[Collected data]
○ ○ ○ ○ ○ ○ ○

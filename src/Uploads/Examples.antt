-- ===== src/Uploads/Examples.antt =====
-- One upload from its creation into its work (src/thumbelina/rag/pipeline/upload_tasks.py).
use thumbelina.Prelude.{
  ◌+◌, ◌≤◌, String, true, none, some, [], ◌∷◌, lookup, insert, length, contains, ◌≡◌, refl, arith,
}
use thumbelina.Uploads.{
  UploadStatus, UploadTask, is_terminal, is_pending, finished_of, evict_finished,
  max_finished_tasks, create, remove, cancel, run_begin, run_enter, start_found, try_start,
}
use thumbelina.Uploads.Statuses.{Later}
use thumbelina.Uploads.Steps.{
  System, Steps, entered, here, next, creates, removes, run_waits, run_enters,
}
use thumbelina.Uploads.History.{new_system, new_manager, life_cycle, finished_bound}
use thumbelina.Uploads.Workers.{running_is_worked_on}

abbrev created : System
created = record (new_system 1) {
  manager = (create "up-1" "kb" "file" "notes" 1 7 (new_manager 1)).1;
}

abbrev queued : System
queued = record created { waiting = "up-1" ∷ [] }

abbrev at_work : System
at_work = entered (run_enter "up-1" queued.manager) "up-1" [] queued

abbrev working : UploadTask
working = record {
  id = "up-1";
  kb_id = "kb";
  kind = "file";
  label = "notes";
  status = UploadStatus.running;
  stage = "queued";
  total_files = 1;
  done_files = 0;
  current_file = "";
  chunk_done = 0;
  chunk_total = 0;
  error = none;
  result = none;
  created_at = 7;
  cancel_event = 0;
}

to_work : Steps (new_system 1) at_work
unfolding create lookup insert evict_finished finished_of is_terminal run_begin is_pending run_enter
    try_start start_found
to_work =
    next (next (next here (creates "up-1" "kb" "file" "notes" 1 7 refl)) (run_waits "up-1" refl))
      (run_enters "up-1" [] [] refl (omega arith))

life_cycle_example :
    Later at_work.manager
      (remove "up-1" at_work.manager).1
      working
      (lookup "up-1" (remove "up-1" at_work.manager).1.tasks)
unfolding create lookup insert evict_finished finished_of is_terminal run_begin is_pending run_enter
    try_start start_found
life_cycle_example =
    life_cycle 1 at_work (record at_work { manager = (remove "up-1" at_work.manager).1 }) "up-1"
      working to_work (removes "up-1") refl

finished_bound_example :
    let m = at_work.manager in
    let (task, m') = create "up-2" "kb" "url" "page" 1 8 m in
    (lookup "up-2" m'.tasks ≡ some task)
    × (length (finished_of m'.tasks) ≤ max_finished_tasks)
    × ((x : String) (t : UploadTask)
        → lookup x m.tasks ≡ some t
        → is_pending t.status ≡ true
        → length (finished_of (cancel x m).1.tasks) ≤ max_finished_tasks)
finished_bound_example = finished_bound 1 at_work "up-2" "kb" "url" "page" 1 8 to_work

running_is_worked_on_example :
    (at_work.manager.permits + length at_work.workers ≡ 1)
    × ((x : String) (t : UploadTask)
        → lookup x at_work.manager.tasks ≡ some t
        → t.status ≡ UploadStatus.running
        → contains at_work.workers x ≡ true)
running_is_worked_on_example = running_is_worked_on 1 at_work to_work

○ ○ ○ ○ ○ ○ ○

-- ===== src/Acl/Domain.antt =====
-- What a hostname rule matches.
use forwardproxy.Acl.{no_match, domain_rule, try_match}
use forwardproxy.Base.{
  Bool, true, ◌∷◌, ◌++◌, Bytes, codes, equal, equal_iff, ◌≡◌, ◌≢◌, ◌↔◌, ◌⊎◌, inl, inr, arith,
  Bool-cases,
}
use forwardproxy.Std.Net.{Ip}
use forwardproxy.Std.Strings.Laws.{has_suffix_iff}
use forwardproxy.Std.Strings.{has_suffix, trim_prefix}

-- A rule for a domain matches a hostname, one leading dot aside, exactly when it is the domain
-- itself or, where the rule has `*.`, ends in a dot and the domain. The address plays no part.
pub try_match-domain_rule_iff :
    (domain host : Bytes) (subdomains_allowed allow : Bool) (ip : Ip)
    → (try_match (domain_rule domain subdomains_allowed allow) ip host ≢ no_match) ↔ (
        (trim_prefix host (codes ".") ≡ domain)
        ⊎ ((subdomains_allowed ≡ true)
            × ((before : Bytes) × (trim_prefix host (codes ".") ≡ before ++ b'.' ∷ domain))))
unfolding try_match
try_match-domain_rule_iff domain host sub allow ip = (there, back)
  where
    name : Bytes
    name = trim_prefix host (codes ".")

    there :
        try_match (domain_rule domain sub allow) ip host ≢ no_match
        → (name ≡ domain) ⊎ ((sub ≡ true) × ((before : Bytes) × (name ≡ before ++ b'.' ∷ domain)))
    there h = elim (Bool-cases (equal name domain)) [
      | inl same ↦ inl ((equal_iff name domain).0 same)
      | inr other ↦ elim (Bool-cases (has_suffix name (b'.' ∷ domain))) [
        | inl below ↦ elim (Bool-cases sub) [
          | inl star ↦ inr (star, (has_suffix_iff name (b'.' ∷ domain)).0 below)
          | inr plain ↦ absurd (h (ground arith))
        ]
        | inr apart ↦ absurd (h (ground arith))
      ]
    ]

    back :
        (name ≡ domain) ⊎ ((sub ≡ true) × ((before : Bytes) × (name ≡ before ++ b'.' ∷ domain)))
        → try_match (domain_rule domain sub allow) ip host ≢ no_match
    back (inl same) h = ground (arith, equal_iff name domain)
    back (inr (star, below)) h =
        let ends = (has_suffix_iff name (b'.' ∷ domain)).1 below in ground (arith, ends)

○ ○ ○ ○ ○ ○ ○

◆ What you should do
Check every line of the entries above, and copy those that carry the string "UploadStatus".

◆ Exercise output
  UploadStatus, UploadTask, is_terminal, is_pending, finished_of, evict_finished,
  status = UploadStatus.running;
        → t.status ≡ UploadStatus.running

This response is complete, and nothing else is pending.